**WHAT TO DO:** Output only the lines from the start of the entries through the line holding "unfoldable pub push". Each line must match the original exactly.

····················

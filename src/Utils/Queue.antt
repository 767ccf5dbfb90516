-- ===== src/Utils/Queue.antt =====
-- A first-in first-out queue of at most `bound` items, oldest first: the specification of the
-- ring buffers.
use rust_root_task_demo.Common.{
  err, ok, Result, length, ltb, [], List, some, none, Option, if◌then◌else◌, ◌++◌, ◌∷◌, ℕ,
}

module _ {ℓ} {A : Type ℓ} where
  unfoldable pub push : ℕ → List A → A → Result (Unit {0}) × List A
  push bound q x = if ltb (length q) bound then (ok tt, q ++ (x ∷ [])) else (err, q)

  unfoldable pub pop : List A → Option A × List A
  pop [] = (none, [])
  pop (x ∷ q) = (some x, q)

····················

**SOLUTION TO THIS PROBLEM:**
filename src/Utils/Queue.antt
repository 767ccf5dbfb90516
-- ===== src/Utils/Queue.antt =====
-- A first-in first-out queue of at most `bound` items, oldest first: the specification of the
-- ring buffers.
use rust_root_task_demo.Common.{
  err, ok, Result, length, ltb, [], List, some, none, Option, if◌then◌else◌, ◌++◌, ◌∷◌, ℕ,
}

module _ {ℓ} {A : Type ℓ} where
  unfoldable pub push : ℕ → List A → A → Result (Unit {0}) × List A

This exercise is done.